23 March 2016

Failure to configure AD FS | Log on as a service

Recently whilst setting up a new AD FS deployment at a client's office, I ran into some troubles completing the initial AD FS configuration (done as soon as you add the AD FS Role).  After it failed to configure, I went into Event Logs, to see that the error was that the account "NT Service\MSSQL$MICROSOFT##WID" did not have the required user right "Log on as a service".  Generally when setting this up, the service account will automatically be granted the "Log on as a service" right, but in this case, something was blocking it.

When checking the local policy, I noticed that I couldn't configure the users who have been granted that right (it was greyed out).  This means that the setting is controlled by a Group Policy.  After checking GPMC, I found the setting within the Default Domain Policy.  To resolve this issue, I set "NT SERVICE\ALL SERVICES" to be granted that right.

A quick gpupdate /force on the ADFS server then resolved the issue, and allowed me to continue with the ADFS configuration.

21 March 2016

SSO with SAML/ADFS not working - NLB Cluster with Proxy NLB Cluster

A client of mine recently had an issue with Single Sign On failing to work when attempting to login through an external website, which had been setup with SAML integration to their on-prem AD FS servers.  When going to sign in, it would redirect to fs.domain.wa.gov.au and it would fail to load.  Their setup consisted of two ADFS servers which were in a NLB (Network Load Balancing) cluster, and then two Proxy servers, which were also in their own NLB cluster.  The NLB clusters had been setup in IGMP Multicast mode and the appropriate settings had been configured on the Cisco switches.

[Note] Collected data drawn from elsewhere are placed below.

-- ===== src/Mcp/Tools/Agreement.antt =====
-- mcp/src/main.rs: a request that a handler answers, beside the call of the engine that the handler makes.
pub mod Calls
use memoria_mcp.Prelude.{
  ℕ, ◌≤◌, map, ◌≡◌, refl, ap, sym, subst, String, Bool, true, false, Option, none, some, List, [],
  ◌∷◌, Result, ok, err, map_ok, map_err, format, eqb, decimal, Result-cases, Option-cases,
  Bool-cases, inl, inr,
}
use memoria_mcp.Prelude.Exec.{Exec, ◌>>=◌, pure, continue}
use memoria_mcp.Map
use memoria_mcp.Map.{Map}
use memoria_mcp.Server.Numerals.{parse_unsigned-decimal}
use memoria_mcp.Store.{VectorRecord}
use memoria_mcp.Error.{CoreError, show_error}
use memoria_mcp.Memory.{World, Env, Op}
use memoria_mcp.Filter.Parse.{Value}
use memoria_mcp.Server.Http.Requests
use memoria_mcp.Server.Http.Requests.{
  Body, Response, reply, error_response, scope_from_optional, DeleteAllRequest,
}
use memoria_mcp.Server.Http.Memories.{
  handle_create_memory, handle_get_memory, handle_update_memory, handle_delete_memory,
  handle_list_entities, handle_search_memory, create_request, request_scope, request_messages,
  parse_optional_filters, handle_get_history, number_param, handle_delete_all,
}
use memoria_mcp.Mcp.Remote
use memoria_mcp.Mcp.Remote.{
  Http, RemoteClient, Request, to, get, post, put, no_body, update_body, scope_body, is_success,
  send, ensure_success, error_message, found_at,
}
use memoria_mcp.Mcp.Tools
use memoria_mcp.Server.Crypto.{Primitives}
use memoria_mcp.Server.Auth.{AuthStore}
use memoria_mcp.Server.Http.{Headers, caller_is_admin, usize_max}
use memoria_mcp.Llm.{user, with_images}
use memoria_mcp.Memory.Search.{search}
use memoria_mcp.Memory.Add.{add}
use memoria_mcp.Memory.Entities.{list_entities}
use memoria_mcp.Memory.Records.{get_record, update, delete, reset, history}
use memoria_mcp.Mcp.Tools.{
  event_name, found, search_memories, get_memory, get_memories, memory_history, add_memory,
  update_memory, delete_memory, delete_all_memories, list_memory_entities, Call, Answer, Outcome,
  respond, shown, call_local, call_remote,
}

-- What a tool answers, given what its backend gave.
abbrev pub told :
    {F S : Type 0} → Result String (Outcome F) × World S → Result String (Answer F) × World S
told (r, w) = (elim r [ ok outcome ↦ respond outcome | err e ↦ err e ], w)

abbrev pub SameAnswer : {A : Type 0} → Result String A → Result String A → Type 0
SameAnswer (ok a) (ok b) = a ≡ b
SameAnswer (ok a) (err e) = ⊥
SameAnswer (err e) (ok b) = ⊥
SameAnswer (err e) (err e') = Unit

-- The same state, and the same answer or an error on both sides.
abbrev pub Agrees :
    {F S : Type 0}
    → Result String (Answer F) × World S
    → Result String (Answer F) × World S
    → Type 0
Agrees (r, w) (r', w') = (w ≡ w') × SameAnswer r r'

-- Two programs that go on from what they did first.
bind-Agrees :
    {F S A B : Type 0} (m : Exec String (World S) A) (m' : Exec String (World S) B)
    (k : A → Exec String (World S) (Outcome F)) (k' : B → Exec String (World S) (Outcome F))
    (w : World S) (x : Result String A × World S) (y : Result String B × World S)
    → m w ≡ x
    → m' w ≡ y
    → Agrees (told (continue x.0 k x.1)) (told (continue y.0 k' y.1))
    → Agrees (told ((m >>= k) w)) (told ((m' >>= k') w))
bind-Agrees {S = S} {A = A} {B = B} m m' k k' w x y e e' h =
    subst
      (λ (z : Result String A × World S). Agrees (told (continue z.0 k z.1)) (told ((m' >>= k') w)))
      (sym e)
      (subst
        (λ (z : Result String B × World S).
          Agrees (told (continue x.0 k x.1)) (told (continue z.0 k' z.1)))
        (sym e') h)

shown-eq :
    {S A : Type 0} (op : Op S A) (w : World S) (r : Result CoreError A)
    → (op w).0 ≡ r
    → shown op w ≡ (map_err show_error r, (op w).1)
shown-eq {A = A} op w r e = ap (λ (r : Result CoreError A). (map_err show_error r, (op w).1)) e

module _ {F N S : Type 0} (http : Http F N (World S)) (client : RemoteClient) where
  -- The request comes to the handler, and its answer back.
  abbrev pub IsServedBy : (World S → Response F × World S) → Request F N → Type 0
  IsServedBy handler request =
      (w : World S) → http.send request w ≡ (ok (handler w).0, (handler w).1)

  error-status : (e : CoreError) → is_success (error_response {F = F} e).status ≡ false
  unfolding error_response
  error-status (CoreError.validation msg) = refl
  error-status (CoreError.not_found msg) = refl
  error-status (CoreError.config msg) = refl
  error-status (CoreError.provider msg source) = refl

  -- A step that both make, and what comes after it.
  pub step-Agrees :
      {A : Type 0} (m : Exec String (World S) A) (op : Op S A)
      (k k' : A → Exec String (World S) (Outcome F)) (w : World S)
      → ((a : A) → (op w).0 ≡ ok a → m w ≡ (ok a, (op w).1))
      → ((e : CoreError) → (op w).0 ≡ err e → (t : String) × (m w ≡ (err t, (op w).1)))
      → ((a : A) (w₁ : World S) → Agrees (told (k a w₁)) (told (k' a w₁)))
      → Agrees (told ((m >>= k) w)) (told ((shown op >>= k') w))
  step-Agrees m op k k' w eq_ok eq_err later = elim (Result-cases (op w).0) [
    | inl (a, done) ↦
        bind-Agrees m (shown op) k k' w _ _ (eq_ok a done) (shown-eq op w (ok a) done)
          (later a (op w).1)
    | inr (e, failed) ↦
        let (t, failed') = eq_err e failed in
        bind-Agrees m (shown op) k k' w _ _ failed' (shown-eq op w (err e) failed) (refl, tt)
  ]

  module _ {A : Type 0} (op : Op S A) (code : ℕ) (wrap : A → Body F) (parse : Body F → Option A)
      (request : Request F N) (good : is_success code ≡ true)
      (inverse : (a : A) → parse (wrap a) ≡ some a)
      (serves : IsServedBy (Requests.answer op (λ a. reply code (wrap a))) request) where
    send-eq-ok :
        (w : World S) (a : A)
        → (op w).0 ≡ ok a
        → send http client parse request w ≡ (ok a, (op w).1)
    unfolding send
    send-eq-ok w a done = rw (serves w, done, good, inverse a) refl

    send-eq-err :
        (w : World S) (e : CoreError)
        → (op w).0 ≡ err e
        → (t : String) × (send http client parse request w ≡ (err t, (op w).1))
    unfolding send
    send-eq-err w e failed =
        (error_message http client (error_response e), rw (serves w, failed, error-status e) refl)

    pub send-Agrees :
        (f : A → Answer F) (w : World S)
        → Agrees
            (told ((send http client parse request >>= λ a. pure (Tools.answer (f a))) w))
            (told ((shown op >>= λ a. pure (Tools.answer (f a))) w))
    unfolding respond
    send-Agrees f w =
        step-Agrees (send http client parse request) op _ _ w (send-eq-ok w) (send-eq-err w)
          (λ a w₁. (refl, refl))

  module _ (op : Op S (Unit {0})) (request : Request F N)
      (serves : IsServedBy (Requests.answer op (λ _. reply 200 Requests.empty_body)) request) where
    pub ensure_success-eq-ok :
        (w : World S) (a : Unit {0})
        → (op w).0 ≡ ok a
        → ensure_success http client request w ≡ (ok a, (op w).1)
    unfolding ensure_success
    ensure_success-eq-ok w a done = rw (serves w, done) refl

    pub ensure_success-eq-err :
        (w : World S) (e : CoreError)
        → (op w).0 ≡ err e
        → (t : String) × (ensure_success http client request w ≡ (err t, (op w).1))
    unfolding ensure_success
    ensure_success-eq-err w e failed =
        (error_message http client (error_response e), rw (serves w, failed, error-status e) refl)

  module _ (id : String) (op : Op S (Option (VectorRecord F))) (request : Request F N)
      (serves : IsServedBy
        (Requests.answer op λ found. elim found [
          | some r ↦ reply 200 (Requests.stored r)
          | none ↦ Requests.failure 404 (format ("not found: " ∷ id ∷ []))
        ])
        request) where
    get-eq-ok :
        (w : World S) (r : Option (VectorRecord F))
        → (op w).0 ≡ ok r
        → found_at http client request w ≡ (ok r, (op w).1)
    unfolding found_at
    get-eq-ok w none done = rw (serves w, done) refl
    get-eq-ok w (some r) done = rw (serves w, done) refl

    abbrev pub lookup : Exec String (World S) (Outcome F)
    lookup = found_at http client request >>= λ r. pure (found id r)

    abbrev pub lookup_here : Exec String (World S) (Outcome F)
    lookup_here = shown op >>= λ r. pure (found id r)

    failed-Agrees :
        (w : World S) (e : CoreError)
        → (op w).0 ≡ err e
        → eqb (error_response {F = F} e).status 404 ≡ false
        → Agrees (told (lookup w)) (told (lookup_here w))
    unfolding found_at
    failed-Agrees w e failed plain =
        bind-Agrees (found_at http client request) (shown op) _ _ w
          (err (error_message http client (error_response e)), (op w).1) _
          (rw (serves w, failed, plain, error-status e) refl) (shown-eq op w _ failed) (refl, tt)

    pub lookup-Agrees : (w : World S) → Agrees (told (lookup w)) (told (lookup_here w))
    unfolding found_at respond error_response
    lookup-Agrees w =
        let m = found_at http client request in
        elim (Result-cases (op w).0) [
          | inl (none, done) ↦
              bind-Agrees m (shown op) _ _ w _ _ (get-eq-ok w none done) (shown-eq op w _ done)
                (refl, tt)
          | inl (some r, done) ↦
              bind-Agrees m (shown op) _ _ w _ _ (get-eq-ok w (some r) done) (shown-eq op w _ done)
                (refl, refl)
          | inr (CoreError.not_found msg, failed) ↦
              bind-Agrees m (shown op) _ _ w (ok none, (op w).1) _ (rw (serves w, failed) refl)
                (shown-eq op w _ failed) (refl, tt)
          | inr (CoreError.validation msg, failed) ↦ failed-Agrees w _ failed refl
          | inr (CoreError.config msg, failed) ↦ failed-Agrees w _ failed refl
          | inr (CoreError.provider msg source, failed) ↦ failed-Agrees w _ failed refl
        ]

Upon investigating this issue, I realised that the Cisco core switch failed to learn the IP/MAC address of the ADFS NLB Cluster, and thus caused all servers and workstations to fail to connect to ADFS, and SSO to fail.  The interesting part was that the Proxy servers' NLB cluster was working fine, and the Cisco Core Switch was able to learn the MAC and IP without problem.  After investigating this issue and not finding anything online, and after deleting and re-creating the cluster, I logged a case with Microsoft.  They advised that there's two Microsoft updates which could potentially resolve the NLB connectivity issue:

Update 1
Update 2

These updates were applied to both ADFS servers, and after a reboot, resolved the problem.  After testing SSO, it was still failing.  Checking the Proxy Servers now, I noticed that they can communicate with the ADFS servers now, but the Web Application Proxy was not connecting with ADFS itself, showing the following event log:

After checking online, this can occur when there's a mismatch with the certificate thumbprint on the ADFS servers, and the Proxy servers.  From PowerShell, I ran the following command to see what certificatges were installed on the server, and to confirm the thumbprint of the specific one I wanted to use:

dir Cert:/LocalMachine/My

After obtaining the correct thumbprint, I then ran the following command on the two Proxy Servers:
Install-WebApplicationProxy -CertificateThumbprint 'XXXXXXXXXXXXXXXXXX' -FederationServiceName 'fs.domain.wa.gov.au'

Once this had been completed on both Proxy servers, Single Sign On was now back up and running, and the Proxy Servers could now communicate with the ADFS servers.